> [Problem details]: Of the lines listed below, return exactly those that run from the line containing "(id ≡ (info m).signer_id)" through the line containing "first_step (verify_consensus_vote c", both included.

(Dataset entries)
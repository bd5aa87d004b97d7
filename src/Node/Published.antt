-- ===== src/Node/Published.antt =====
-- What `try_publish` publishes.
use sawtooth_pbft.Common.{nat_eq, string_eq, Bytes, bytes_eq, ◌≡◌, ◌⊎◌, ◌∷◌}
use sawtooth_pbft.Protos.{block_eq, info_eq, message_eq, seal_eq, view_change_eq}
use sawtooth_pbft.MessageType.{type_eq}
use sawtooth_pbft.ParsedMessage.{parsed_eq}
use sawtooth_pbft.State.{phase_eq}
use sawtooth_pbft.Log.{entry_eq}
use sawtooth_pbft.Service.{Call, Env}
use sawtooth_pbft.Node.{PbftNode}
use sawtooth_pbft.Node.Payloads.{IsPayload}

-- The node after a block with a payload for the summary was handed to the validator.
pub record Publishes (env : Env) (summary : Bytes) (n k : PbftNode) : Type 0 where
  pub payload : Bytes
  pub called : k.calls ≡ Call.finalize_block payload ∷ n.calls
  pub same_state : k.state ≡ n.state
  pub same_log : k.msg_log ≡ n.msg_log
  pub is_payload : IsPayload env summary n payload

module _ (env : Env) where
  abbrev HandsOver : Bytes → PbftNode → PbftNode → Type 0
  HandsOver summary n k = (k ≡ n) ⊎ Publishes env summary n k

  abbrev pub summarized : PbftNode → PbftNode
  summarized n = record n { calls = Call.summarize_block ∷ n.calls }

---

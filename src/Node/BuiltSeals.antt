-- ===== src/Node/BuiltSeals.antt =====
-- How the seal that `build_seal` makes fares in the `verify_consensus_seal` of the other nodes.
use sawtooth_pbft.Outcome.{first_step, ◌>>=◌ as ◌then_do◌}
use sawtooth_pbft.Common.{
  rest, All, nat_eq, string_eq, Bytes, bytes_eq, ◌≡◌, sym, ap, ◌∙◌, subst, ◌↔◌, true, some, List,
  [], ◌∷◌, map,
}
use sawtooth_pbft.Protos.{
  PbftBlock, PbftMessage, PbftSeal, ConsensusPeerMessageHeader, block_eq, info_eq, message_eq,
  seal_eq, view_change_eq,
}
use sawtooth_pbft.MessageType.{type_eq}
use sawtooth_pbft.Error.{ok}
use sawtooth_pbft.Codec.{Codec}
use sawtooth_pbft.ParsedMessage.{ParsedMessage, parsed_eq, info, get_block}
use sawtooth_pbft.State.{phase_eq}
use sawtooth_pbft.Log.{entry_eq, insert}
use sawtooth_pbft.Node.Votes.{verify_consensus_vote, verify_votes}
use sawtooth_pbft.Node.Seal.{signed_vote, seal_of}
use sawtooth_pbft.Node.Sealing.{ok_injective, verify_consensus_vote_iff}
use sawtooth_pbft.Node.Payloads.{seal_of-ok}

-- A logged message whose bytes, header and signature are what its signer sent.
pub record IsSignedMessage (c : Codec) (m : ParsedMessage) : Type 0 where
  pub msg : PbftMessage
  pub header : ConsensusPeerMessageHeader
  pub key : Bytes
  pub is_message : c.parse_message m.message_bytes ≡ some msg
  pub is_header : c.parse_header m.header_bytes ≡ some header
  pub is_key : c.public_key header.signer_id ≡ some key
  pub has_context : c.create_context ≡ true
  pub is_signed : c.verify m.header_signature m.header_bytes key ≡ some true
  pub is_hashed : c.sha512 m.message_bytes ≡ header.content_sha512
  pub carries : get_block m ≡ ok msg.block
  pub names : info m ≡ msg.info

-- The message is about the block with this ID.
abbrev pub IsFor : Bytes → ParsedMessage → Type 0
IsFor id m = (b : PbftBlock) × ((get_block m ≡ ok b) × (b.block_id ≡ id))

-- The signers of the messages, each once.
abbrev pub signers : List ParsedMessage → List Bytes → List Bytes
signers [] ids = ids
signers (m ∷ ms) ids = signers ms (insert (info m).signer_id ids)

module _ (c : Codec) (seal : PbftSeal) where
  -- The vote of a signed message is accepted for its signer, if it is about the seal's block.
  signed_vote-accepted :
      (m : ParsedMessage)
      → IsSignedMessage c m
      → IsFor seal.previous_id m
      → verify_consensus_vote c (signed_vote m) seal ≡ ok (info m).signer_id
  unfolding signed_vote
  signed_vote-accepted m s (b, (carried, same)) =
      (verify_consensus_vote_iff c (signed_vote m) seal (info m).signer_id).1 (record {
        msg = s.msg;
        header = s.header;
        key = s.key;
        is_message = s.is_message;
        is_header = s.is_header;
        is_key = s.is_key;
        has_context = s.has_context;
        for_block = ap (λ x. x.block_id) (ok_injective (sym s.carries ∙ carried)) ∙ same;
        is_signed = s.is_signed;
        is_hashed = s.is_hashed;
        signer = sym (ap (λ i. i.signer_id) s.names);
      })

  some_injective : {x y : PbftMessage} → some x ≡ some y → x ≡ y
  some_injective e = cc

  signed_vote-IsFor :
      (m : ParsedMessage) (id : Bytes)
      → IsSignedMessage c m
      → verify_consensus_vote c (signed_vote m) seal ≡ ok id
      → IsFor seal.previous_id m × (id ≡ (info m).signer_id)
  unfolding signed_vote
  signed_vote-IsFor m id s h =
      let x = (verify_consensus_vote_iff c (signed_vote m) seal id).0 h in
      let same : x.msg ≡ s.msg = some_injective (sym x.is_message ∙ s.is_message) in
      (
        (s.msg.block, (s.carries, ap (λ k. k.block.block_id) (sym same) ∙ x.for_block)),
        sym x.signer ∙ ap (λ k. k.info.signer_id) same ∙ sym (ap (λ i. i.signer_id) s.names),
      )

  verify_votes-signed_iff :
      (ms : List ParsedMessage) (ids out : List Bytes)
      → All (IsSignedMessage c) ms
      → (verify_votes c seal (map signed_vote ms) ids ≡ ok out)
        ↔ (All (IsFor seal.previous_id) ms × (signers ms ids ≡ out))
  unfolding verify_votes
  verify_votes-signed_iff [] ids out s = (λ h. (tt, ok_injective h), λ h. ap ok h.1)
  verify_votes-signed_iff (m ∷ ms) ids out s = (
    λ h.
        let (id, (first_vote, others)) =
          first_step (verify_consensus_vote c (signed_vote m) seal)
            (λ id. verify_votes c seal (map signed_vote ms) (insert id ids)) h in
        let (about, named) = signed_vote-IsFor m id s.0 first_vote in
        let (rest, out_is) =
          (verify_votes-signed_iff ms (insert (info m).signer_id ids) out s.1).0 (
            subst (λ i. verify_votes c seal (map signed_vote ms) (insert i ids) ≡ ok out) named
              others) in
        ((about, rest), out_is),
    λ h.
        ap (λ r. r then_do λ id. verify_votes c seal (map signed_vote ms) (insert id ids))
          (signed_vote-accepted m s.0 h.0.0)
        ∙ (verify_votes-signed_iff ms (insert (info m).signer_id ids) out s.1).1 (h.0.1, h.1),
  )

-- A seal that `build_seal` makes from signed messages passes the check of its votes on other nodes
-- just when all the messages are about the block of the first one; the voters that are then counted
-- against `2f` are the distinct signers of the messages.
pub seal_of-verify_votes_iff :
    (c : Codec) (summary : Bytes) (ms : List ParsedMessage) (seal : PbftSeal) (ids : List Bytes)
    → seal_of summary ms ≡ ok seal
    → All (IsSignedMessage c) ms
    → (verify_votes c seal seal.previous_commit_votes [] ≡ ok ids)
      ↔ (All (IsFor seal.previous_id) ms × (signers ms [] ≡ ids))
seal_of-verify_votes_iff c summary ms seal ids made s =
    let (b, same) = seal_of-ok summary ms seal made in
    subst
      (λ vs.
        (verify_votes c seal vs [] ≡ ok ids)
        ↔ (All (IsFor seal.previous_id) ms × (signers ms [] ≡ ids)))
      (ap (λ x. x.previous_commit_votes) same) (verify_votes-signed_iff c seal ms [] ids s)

...

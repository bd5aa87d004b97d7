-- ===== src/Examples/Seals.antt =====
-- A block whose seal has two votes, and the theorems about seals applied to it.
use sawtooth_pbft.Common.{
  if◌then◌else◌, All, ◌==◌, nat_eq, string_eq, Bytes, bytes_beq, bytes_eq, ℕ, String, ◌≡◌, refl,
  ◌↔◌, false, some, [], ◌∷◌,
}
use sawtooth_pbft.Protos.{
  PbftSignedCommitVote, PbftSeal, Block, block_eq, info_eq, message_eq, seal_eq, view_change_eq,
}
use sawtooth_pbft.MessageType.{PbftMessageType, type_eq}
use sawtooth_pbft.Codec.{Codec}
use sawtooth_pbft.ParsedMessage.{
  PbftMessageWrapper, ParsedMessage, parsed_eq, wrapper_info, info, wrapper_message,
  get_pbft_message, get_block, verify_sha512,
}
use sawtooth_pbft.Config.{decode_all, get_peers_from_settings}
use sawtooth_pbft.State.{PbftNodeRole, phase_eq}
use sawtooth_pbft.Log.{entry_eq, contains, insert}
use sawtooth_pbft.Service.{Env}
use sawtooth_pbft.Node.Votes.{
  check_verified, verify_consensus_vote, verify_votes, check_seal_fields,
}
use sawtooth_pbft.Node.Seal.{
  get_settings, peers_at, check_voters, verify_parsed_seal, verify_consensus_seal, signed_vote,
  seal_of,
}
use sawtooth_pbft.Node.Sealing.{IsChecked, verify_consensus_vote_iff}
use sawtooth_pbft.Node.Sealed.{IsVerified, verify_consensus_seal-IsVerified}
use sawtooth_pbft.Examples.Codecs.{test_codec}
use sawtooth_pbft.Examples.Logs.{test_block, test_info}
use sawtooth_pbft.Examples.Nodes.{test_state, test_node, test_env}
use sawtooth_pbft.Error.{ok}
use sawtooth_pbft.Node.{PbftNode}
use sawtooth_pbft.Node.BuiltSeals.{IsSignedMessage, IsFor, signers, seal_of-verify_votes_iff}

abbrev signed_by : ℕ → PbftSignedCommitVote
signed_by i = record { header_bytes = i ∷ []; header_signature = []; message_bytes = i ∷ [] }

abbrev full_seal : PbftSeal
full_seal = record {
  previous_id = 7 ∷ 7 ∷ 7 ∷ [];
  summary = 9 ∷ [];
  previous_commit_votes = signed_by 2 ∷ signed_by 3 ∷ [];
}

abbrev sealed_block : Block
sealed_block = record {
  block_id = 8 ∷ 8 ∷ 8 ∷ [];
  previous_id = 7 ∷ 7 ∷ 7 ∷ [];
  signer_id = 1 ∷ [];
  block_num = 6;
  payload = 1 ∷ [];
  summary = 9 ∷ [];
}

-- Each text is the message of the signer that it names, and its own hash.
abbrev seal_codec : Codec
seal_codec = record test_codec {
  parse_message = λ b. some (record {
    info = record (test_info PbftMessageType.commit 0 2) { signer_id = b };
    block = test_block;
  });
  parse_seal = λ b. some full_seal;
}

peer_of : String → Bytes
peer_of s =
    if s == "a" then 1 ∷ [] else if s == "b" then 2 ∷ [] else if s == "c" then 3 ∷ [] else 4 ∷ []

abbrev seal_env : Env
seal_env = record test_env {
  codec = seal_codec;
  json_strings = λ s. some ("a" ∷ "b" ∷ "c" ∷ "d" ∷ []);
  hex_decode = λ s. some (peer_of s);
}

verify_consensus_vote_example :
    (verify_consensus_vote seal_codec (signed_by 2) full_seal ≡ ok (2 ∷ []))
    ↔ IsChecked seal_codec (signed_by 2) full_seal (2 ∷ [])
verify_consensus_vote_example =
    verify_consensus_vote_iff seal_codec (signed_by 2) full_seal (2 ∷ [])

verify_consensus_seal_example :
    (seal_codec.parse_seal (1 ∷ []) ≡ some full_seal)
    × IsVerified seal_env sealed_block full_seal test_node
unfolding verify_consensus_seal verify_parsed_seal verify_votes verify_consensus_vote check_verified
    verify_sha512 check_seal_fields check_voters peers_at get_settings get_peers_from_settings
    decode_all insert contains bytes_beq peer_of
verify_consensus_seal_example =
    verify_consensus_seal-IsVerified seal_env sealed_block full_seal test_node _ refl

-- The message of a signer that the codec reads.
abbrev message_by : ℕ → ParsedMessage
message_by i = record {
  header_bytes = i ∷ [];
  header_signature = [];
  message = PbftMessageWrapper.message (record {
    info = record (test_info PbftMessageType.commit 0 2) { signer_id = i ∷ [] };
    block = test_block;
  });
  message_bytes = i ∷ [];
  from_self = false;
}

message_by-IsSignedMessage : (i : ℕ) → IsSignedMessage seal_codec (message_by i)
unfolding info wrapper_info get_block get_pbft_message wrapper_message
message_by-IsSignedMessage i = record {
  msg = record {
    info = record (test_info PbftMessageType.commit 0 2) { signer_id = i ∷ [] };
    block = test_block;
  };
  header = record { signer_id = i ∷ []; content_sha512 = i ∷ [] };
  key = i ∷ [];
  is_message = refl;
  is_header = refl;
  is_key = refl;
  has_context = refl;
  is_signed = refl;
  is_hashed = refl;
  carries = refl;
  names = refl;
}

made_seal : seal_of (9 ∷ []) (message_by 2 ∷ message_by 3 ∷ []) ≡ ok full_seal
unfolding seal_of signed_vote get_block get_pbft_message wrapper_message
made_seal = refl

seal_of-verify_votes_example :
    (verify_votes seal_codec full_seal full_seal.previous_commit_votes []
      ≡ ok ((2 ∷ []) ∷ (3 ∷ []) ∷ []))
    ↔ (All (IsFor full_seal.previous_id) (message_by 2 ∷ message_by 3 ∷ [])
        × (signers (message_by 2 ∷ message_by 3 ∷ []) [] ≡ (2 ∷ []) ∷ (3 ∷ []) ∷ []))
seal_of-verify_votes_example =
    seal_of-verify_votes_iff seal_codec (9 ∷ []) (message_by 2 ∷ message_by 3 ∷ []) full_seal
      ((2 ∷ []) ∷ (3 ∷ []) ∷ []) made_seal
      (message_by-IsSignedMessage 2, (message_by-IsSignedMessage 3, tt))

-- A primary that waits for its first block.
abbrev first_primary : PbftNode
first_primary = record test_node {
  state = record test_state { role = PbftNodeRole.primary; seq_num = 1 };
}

> [Reply to the exercise]:
      → IsFor seal.previous_id m × (id ≡ (info m).signer_id)
  unfolding signed_vote
  signed_vote-IsFor m id s h =
      let x = (verify_consensus_vote_iff c (signed_vote m) seal id).0 h in
      let same : x.msg ≡ s.msg = some_injective (sym x.is_message ∙ s.is_message) in
      (
        (s.msg.block, (s.carries, ap (λ k. k.block.block_id) (sym same) ∙ x.for_block)),
        sym x.signer ∙ ap (λ k. k.info.signer_id) same ∙ sym (ap (λ i. i.signer_id) s.names),
      )

  verify_votes-signed_iff :
      (ms : List ParsedMessage) (ids out : List Bytes)
      → All (IsSignedMessage c) ms
      → (verify_votes c seal (map signed_vote ms) ids ≡ ok out)
        ↔ (All (IsFor seal.previous_id) ms × (signers ms ids ≡ out))
  unfolding verify_votes
  verify_votes-signed_iff [] ids out s = (λ h. (tt, ok_injective h), λ h. ap ok h.1)
  verify_votes-signed_iff (m ∷ ms) ids out s = (
    λ h.
        let (id, (first_vote, others)) =
          first_step (verify_consensus_vote c (signed_vote m) seal)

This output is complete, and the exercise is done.